Generally, papillary renal cell carcinoma has a less potential for metastases than clear cell carcinoma and has a better prognosis [7]. However, when metastases develop, papillary renal cell carcinoma behaves more aggressively than patients with a metastatic clear cell type of renal cell carcinoma [8]. The exact reason for this unusual behaviour is unknown.

The underlying mechanism of metastatic spread is debatable with several possible modes described [9]. One is “drop metastases” due to malignant cells moving along the urinary tract and getting implanted on the bladder epithelium [10]. This is supported by reports where the RCC deposit was free floating without attachment to the urothelium in histological examination and by the presence of cancer cells in urine of patients with RCC [11]. In others, bladder lesions are found along with metastatic deposits in other distant organs as well, suggestive of a hematogenous spread. However, another subgroup develops muscle-invasive or deep metastatic lesions in the bladder especially located near the ureteric orifice suggestive of spread along the lymphatics as emboli [12]. In these patients, retrograde venous embolisation of tumour cells is also a possibility [6]. In our patient, as the dissection of the kidney and ureter were done while the ureter was left patent and the fact that her primary lesion was close to the renal pelvis with haematuria as a symptom, drop metastases would have been more likely [13]. However, the lesion was deep in the bladder wall near the ureteric orifice which makes the peri-ureteric spread or hematogenous spread also possible. The latter mechanism is more plausible as she had a poorer prognosis with development of lung metastases within 10 months of surgery to remove bladder metastases. Those with drop metastases have a much better prognosis [14]. More than one mechanism of metastatic spread operating in a single case is also a possibility as a similar combination of characteristics as in our patient was noted in a case of clear cell carcinoma leading to bladder metastases after 12 years of nephrectomy where the lesion was deep but was located close to the ureteric orifice [15]. These contradictions regarding the mechanism of metastatic spread is nothing unusual in RCC as there are cases of regional recurrence after 31 years [16] and distant metastases 24 years after nephrectomy [17].

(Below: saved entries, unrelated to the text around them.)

-- ===== src/Gateway/CircuitBreaker.antt =====
-- src/infrastructure/gateway/circuit-breaker.ts. `Date.now()` is the argument `now` of each call;
-- a method of the class returns the new breaker beside its result.
pub mod Transitions
pub mod Invariant
pub mod Recovery
pub mod Asked
use pi_smart_router.Prelude.{
  ℕ, ◌+◌, ◌≤◌, ◌≡◌, String, Bool, true, false, ◌||◌, Option, none, some, List, [], ◌∷◌, leb, ◌==◌,
  str_eq, if◌then◌else◌,
}
use pi_smart_router.Prelude.Table.{Table, get, set, delete}

pub data CircuitState : Type 0 where
  closed open_ half_open : CircuitState

pub record CircuitBreakerConfig : Type 0 where
  pub failure_threshold : ℕ
  pub reset_timeout_ms : ℕ
  pub half_open_successes : ℕ

abbrev pub default_circuit_config : CircuitBreakerConfig
default_circuit_config = record {
  failure_threshold = 3;
  reset_timeout_ms = 30000;
  half_open_successes = 2;
}

pub record CircuitEntry : Type 0 where
  pub state : CircuitState
  pub consecutive_failures : ℕ
  pub consecutive_successes : ℕ
  pub last_failure_at : Option ℕ
  pub last_state_change_at : ℕ

pub record ProviderError : Type 0 where
  pub status_code : Option ℕ
  pub code : Option String
  pub message : Option String

-- The connection-level error codes of `isInfraError`.
is_connection_code : Option String → Bool
is_connection_code none = false
is_connection_code (some c) =
    str_eq c "ECONNREFUSED"
    || str_eq c "ECONNRESET"
    || str_eq c "ETIMEDOUT"
    || str_eq c "ENOTFOUND"
    || str_eq c "UND_ERR_CONNECT_TIMEOUT"
    || str_eq c "UND_ERR_SOCKET"

is_infra_status : Option ℕ → Bool
is_infra_status none = false
is_infra_status (some s) = leb 500 s || s == 429

unfoldable pub is_infra_error : ProviderError → Bool
unfolding is_connection_code is_infra_status
is_infra_error error =
    if is_connection_code error.code then true else is_infra_status error.status_code

pub record CircuitBreaker : Type 0 where
  pub circuits : Table CircuitEntry
  pub config : CircuitBreakerConfig

abbrev pub new_breaker : CircuitBreakerConfig → CircuitBreaker
new_breaker config = record { circuits = []; config = config }

put_entry : CircuitBreaker → String → CircuitEntry → CircuitBreaker
put_entry cb id entry = record cb { circuits = set id entry cb.circuits }

-- `canDispatch` on an existing entry, by its state.
entry_can_dispatch : CircuitState → CircuitEntry → ℕ → ℕ → Option CircuitEntry
entry_can_dispatch closed entry reset now = some entry
entry_can_dispatch half_open entry reset now = some entry
entry_can_dispatch open_ entry reset now =
    if leb (entry.last_state_change_at + reset) now
    then some
        (record entry { state = half_open; consecutive_successes = 0; last_state_change_at = now })
    else none

unfoldable pub can_dispatch : CircuitBreaker → String → ℕ → Bool × CircuitBreaker
unfolding put_entry entry_can_dispatch
can_dispatch cb id now = elim (get id cb.circuits) [
  | none ↦ (true, cb)
  | some entry ↦ elim (entry_can_dispatch entry.state entry cb.config.reset_timeout_ms now) [
    | none ↦ (false, cb)
    | some entry' ↦ (true, put_entry cb id entry')
  ]
]

-- `recordSuccess` on an existing entry, whose failures are already reset, by its state.
entry_success : CircuitState → CircuitEntry → ℕ → ℕ → CircuitEntry
entry_success half_open entry needed now =
    let counted : CircuitEntry = record entry {
      consecutive_successes = entry.consecutive_successes + 1;
    } in
    if leb needed (entry.consecutive_successes + 1)
    then record counted { state = closed; last_state_change_at = now }
    else counted
entry_success closed entry needed now = record entry { consecutive_successes = 0 }
entry_success open_ entry needed now = entry

unfoldable pub record_success : CircuitBreaker → String → ℕ → CircuitBreaker
unfolding put_entry entry_success
record_success cb id now = elim (get id cb.circuits) [
  | none ↦ cb
  | some entry ↦ put_entry cb id (
      entry_success entry.state (record entry { consecutive_failures = 0 })
        cb.config.half_open_successes now)
]

fresh_entry : ℕ → CircuitEntry
fresh_entry now = record {
  state = closed;
  consecutive_failures = 0;
  consecutive_successes = 0;
  last_failure_at = none;
  last_state_change_at = now;
}

-- `recordFailure` on an entry that has counted the failure, by its state before.
trip_if : Bool → CircuitEntry → ℕ → CircuitEntry
trip_if b entry now =
    if b then record entry { state = open_; last_state_change_at = now } else entry

entry_failure : CircuitState → CircuitEntry → ℕ → ℕ → CircuitEntry
unfolding trip_if
entry_failure half_open entry threshold now = record entry {
  state = open_;
  last_state_change_at = now;
}
entry_failure closed entry threshold now =
    trip_if (leb threshold entry.consecutive_failures) entry now
entry_failure open_ entry threshold now =
    trip_if (leb threshold entry.consecutive_failures) entry now

count_failure : CircuitEntry → ℕ → CircuitEntry
count_failure entry now = record entry {
  consecutive_failures = entry.consecutive_failures + 1;
  consecutive_successes = 0;
  last_failure_at = some now;
}

-- `this.circuits.get(modelId)`, or the entry that `recordFailure` creates.
entry_or_fresh : Option CircuitEntry → ℕ → CircuitEntry
unfolding fresh_entry
entry_or_fresh none now = fresh_entry now
entry_or_fresh (some entry) now = entry

unfoldable pub record_failure : CircuitBreaker → String → ℕ → CircuitBreaker
unfolding put_entry entry_failure count_failure entry_or_fresh
record_failure cb id now =
    let entry : CircuitEntry = entry_or_fresh (get id cb.circuits) now in
    put_entry cb id
      (entry_failure entry.state (count_failure entry now) cb.config.failure_threshold now)

pub record CircuitSnapshot : Type 0 where
  pub model_id : String
  pub state : CircuitState
  pub consecutive_failures : ℕ
  pub consecutive_successes : ℕ
  pub last_failure_at : Option ℕ
  pub last_state_change_at : ℕ

unfoldable pub get_snapshot : CircuitBreaker → String → CircuitSnapshot
get_snapshot cb id = elim (get id cb.circuits) [
  | none ↦ record {
    model_id = id;
    state = closed;
    consecutive_failures = 0;
    consecutive_successes = 0;
    last_failure_at = none;
    last_state_change_at = 0;
  }
  | some entry ↦ record {
    model_id = id;
    state = entry.state;
    consecutive_failures = entry.consecutive_failures;
    consecutive_successes = entry.consecutive_successes;
    last_failure_at = entry.last_failure_at;
    last_state_change_at = entry.last_state_change_at;
  }
]

unfoldable pub reset : CircuitBreaker → String → CircuitBreaker
reset cb id = record cb { circuits = delete id cb.circuits }

abbrev is_open : CircuitState → Bool
is_open open_ = true
is_open closed = false
is_open half_open = false

open_ids : Table CircuitEntry → List String
open_ids [] = []
open_ids ((id, entry) ∷ rest) =
    let later = open_ids rest in if is_open entry.state then id ∷ later else later

unfoldable pub get_open_circuits : CircuitBreaker → List String
unfolding open_ids
get_open_circuits cb = open_ids cb.circuits
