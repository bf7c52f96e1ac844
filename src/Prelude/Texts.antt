-- ===== src/Prelude/Texts.antt =====
-- Searching in texts of UTF-16 code units (`includes`, and word boundaries of a regular expression).
use Prim.Native.Nat.{ℕ}
use Prim.Native.String.{String, [] as empty, ◌∷◌ as cons}
use Prim.Native.Char.{code}
use mathlib.Core.Path.{◌≡◌, refl}
use mathlib.Core.Bool.{Bool, true, false, not, ◌&&◌, ◌||◌}
use mathlib.Core.List.{List, [], ◌∷◌}
use pi_smart_router.Prelude.Tests.{leb, ◌==◌}

-- The code units of a literal without characters above U+FFFF.
unfoldable pub units : String → List ℕ
units empty = []
units (cons c cs) = code c ∷ units cs

unfoldable pub starts_with : List ℕ → List ℕ → Bool
starts_with text [] = true
starts_with [] (c ∷ cs) = false
starts_with (t ∷ ts) (c ∷ cs) = (t == c) && starts_with ts cs

-- `===` on texts.
unfoldable pub text_eq : List ℕ → List ℕ → Bool
text_eq [] [] = true
text_eq (c ∷ cs) (d ∷ ds) = (c == d) && text_eq cs ds
text_eq _ _ = false

-- `text.includes(pattern)`
unfoldable pub includes : List ℕ → List ℕ → Bool
unfolding starts_with
includes [] pattern = starts_with [] pattern
includes (t ∷ ts) pattern = starts_with (t ∷ ts) pattern || includes ts pattern

abbrev between : ℕ → ℕ → ℕ → Bool
between low high c = leb low c && leb c high

-- `\w`: a letter, a digit or an underscore of ASCII.
abbrev pub is_word_unit : ℕ → Bool
is_word_unit c = between 97 122 c || between 65 90 c || between 48 57 c || (c == 95)

-- A word boundary follows a word: the text ends or its first unit is no word unit.
abbrev ends_word : List ℕ → Bool
ends_word [] = true
ends_word (c ∷ cs) = not (is_word_unit c)

unfoldable pub starts_with_word : List ℕ → List ℕ → Bool
starts_with_word text [] = ends_word text
starts_with_word [] (c ∷ cs) = false
starts_with_word (t ∷ ts) (c ∷ cs) = (t == c) && starts_with_word ts cs

-- `/\bphrase\b/.test(text)` for a phrase that begins and ends with word units; `boundary` says
-- whether the unit before the text is no word unit.
unfoldable pub has_phrase : Bool → List ℕ → List ℕ → Bool
unfolding starts_with_word
has_phrase boundary phrase [] = boundary && starts_with_word [] phrase
has_phrase boundary phrase (t ∷ ts) =
    (boundary && starts_with_word (t ∷ ts) phrase) || has_phrase (not (is_word_unit t)) phrase ts

phrase_found : has_phrase true (units "no errors") (units "ok: no errors.") ≡ true
unfolding has_phrase units
phrase_found = refl

phrase_inside_word : has_phrase true (units "no error") (units "piano errors") ≡ false
unfolding has_phrase units
phrase_inside_word = refl
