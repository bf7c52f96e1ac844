-- ===== src/Gateway/Selection.antt =====
-- The selections of src/infrastructure/gateway/gateway-dispatch.ts: `weightedSelect`, and the filters
-- that ask the breaker. `Math.random()` is a fraction, and a cost is in micro-USD.
use pi_smart_router.Prelude.{
  ℕ, ◌+◌, ◌*◌, ◌/◌, zero, suc, max, Bool, true, false, Option, none, some, List, [], ◌∷◌, length,
  leb, ◌==◌, if◌then◌else◌,
}
use pi_smart_router.Types.{ModelProfile}
use pi_smart_router.Gateway.CircuitBreaker.{CircuitBreaker, can_dispatch}

-- A draw of `Math.random()`: numerator and denominator.
abbrev pub Draw : Type 0
Draw = ℕ × ℕ

-- `candidates[index]`
abbrev pub element : {A : Type 0} → List A → ℕ → Option A
element [] n = none
element (x ∷ xs) zero = some x
element (x ∷ xs) (suc n) = element xs n

abbrev pub cost_of : ModelProfile → ℕ
cost_of model = model.pricing.fallback_cost_per_1m

-- One USD in micro-USD.
abbrev pub one_usd : ℕ
one_usd = 1000000

pub max_cost : List ModelProfile → ℕ
max_cost [] = 0
max_cost (m ∷ ms) = max (cost_of m) (max_cost ms)

-- The product of the denominators `c + 1` of the weights.
pub denominator : List ModelProfile → ℕ
denominator [] = 1
denominator (m ∷ ms) = (cost_of m + one_usd) * denominator ms

-- The weight `(maxCost + 1) / (c + 1)`, scaled by that product, of which `c + 1` is a factor.
abbrev pub scaled_weight : ℕ → ℕ → ModelProfile → ℕ
scaled_weight most scale model = (most + one_usd) * (scale / (cost_of model + one_usd))

pub total_weight : ℕ → ℕ → List ModelProfile → ℕ
total_weight most scale [] = 0
total_weight most scale (m ∷ ms) = scaled_weight most scale m + total_weight most scale ms

-- The loop, with the weight that it has subtracted so far: `random <= 0` after the next subtraction.
unfoldable pub pick : ℕ → ℕ → Draw → ℕ → ℕ → ModelProfile → List ModelProfile → ModelProfile
pick most scale (n, d) total seen m [] = m
pick most scale (n, d) total seen m (next ∷ ms) =
    let rest = pick most scale (n, d) total (seen + scaled_weight most scale m) next ms in
    if leb (n * total) ((seen + scaled_weight most scale m) * d) then m else rest

unfoldable pub weighted_select : Draw → List ModelProfile → Option ModelProfile
unfolding pick max_cost denominator total_weight
weighted_select draw [] = none
weighted_select draw (m ∷ []) = some m
weighted_select (n, d) (m ∷ next ∷ ms) =
    let candidates = m ∷ next ∷ ms in
    let most = max_cost candidates in
    let scale = denominator candidates in
    if most == 0
    then element candidates (n * length candidates / d)
    else some (pick most scale (n, d) (total_weight most scale candidates) 0 m (next ∷ ms))

-- The part of `Array.filter` that asks the breaker last.
abbrev pub admit :
    ModelProfile → Bool → List ModelProfile × CircuitBreaker → List ModelProfile × CircuitBreaker
admit model true (rest, cb) = (model ∷ rest, cb)
admit model false (rest, cb) = (rest, cb)

-- `fleet.filter((m) => test(m) && this.circuitBreaker.canDispatch(m.id))`
unfoldable pub filter_dispatchable :
    (ModelProfile → Bool)
    → List ModelProfile
    → CircuitBreaker
    → ℕ
    → List ModelProfile × CircuitBreaker
filter_dispatchable test [] cb now = ([], cb)
filter_dispatchable test (m ∷ ms) cb now =
    let asked = can_dispatch cb m.id now in
    let skipped = filter_dispatchable test ms cb now in
    let kept = filter_dispatchable test ms asked.1 now in
    if test m then admit m asked.0 kept else skipped

-- `fleet.find((m) => test(m) && this.circuitBreaker.canDispatch(m.id))`
unfoldable pub find_dispatchable :
    (ModelProfile → Bool)
    → List ModelProfile
    → CircuitBreaker
    → ℕ
    → Option ModelProfile × CircuitBreaker
find_dispatchable test [] cb now = (none, cb)
find_dispatchable test (m ∷ ms) cb now =
    let asked = can_dispatch cb m.id now in
    let skipped = find_dispatchable test ms cb now in
    let refused = find_dispatchable test ms asked.1 now in
    if test m then if asked.0 then (some m, asked.1) else refused else skipped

First, metastasectomy for RCC was done by Barney in 1939 in a patient with a solitary metastatic lesion in the lung who died 23 years later of cardiac disease [18]. The decision to perform metastasectomy is usually made according to various prognostic criteria: the site and number of metastases, the completeness of resection of the primary tumour, the performance status and the disease-free interval from treatment of the primary tumour to the diagnosis of metastatic disease [19]. Although improved survival after metastasectomy is still debatable, surgical intervention can provide palliation for symptomatic metastatic disease [20].

Endoscopic resection of the bladder metastatic lesion will confirm the diagnosis and may be considered adequate as the primary treatment in cases of drop metastases. Others with deeper lesions would require more extensive surgical treatment including partial or total cystectomy if the metastases are confined to the bladder. Since most of these patients are likely to have systemic metastases, they are given systemic therapy with interleukin-2 or tyrosine kinase inhibitors. The 3-year survival rate of patients with a solitary metastasis is around 80 % [20]. However, about 50 % of patients with multiple metastases have a life expectancy less than 1 year after diagnosis.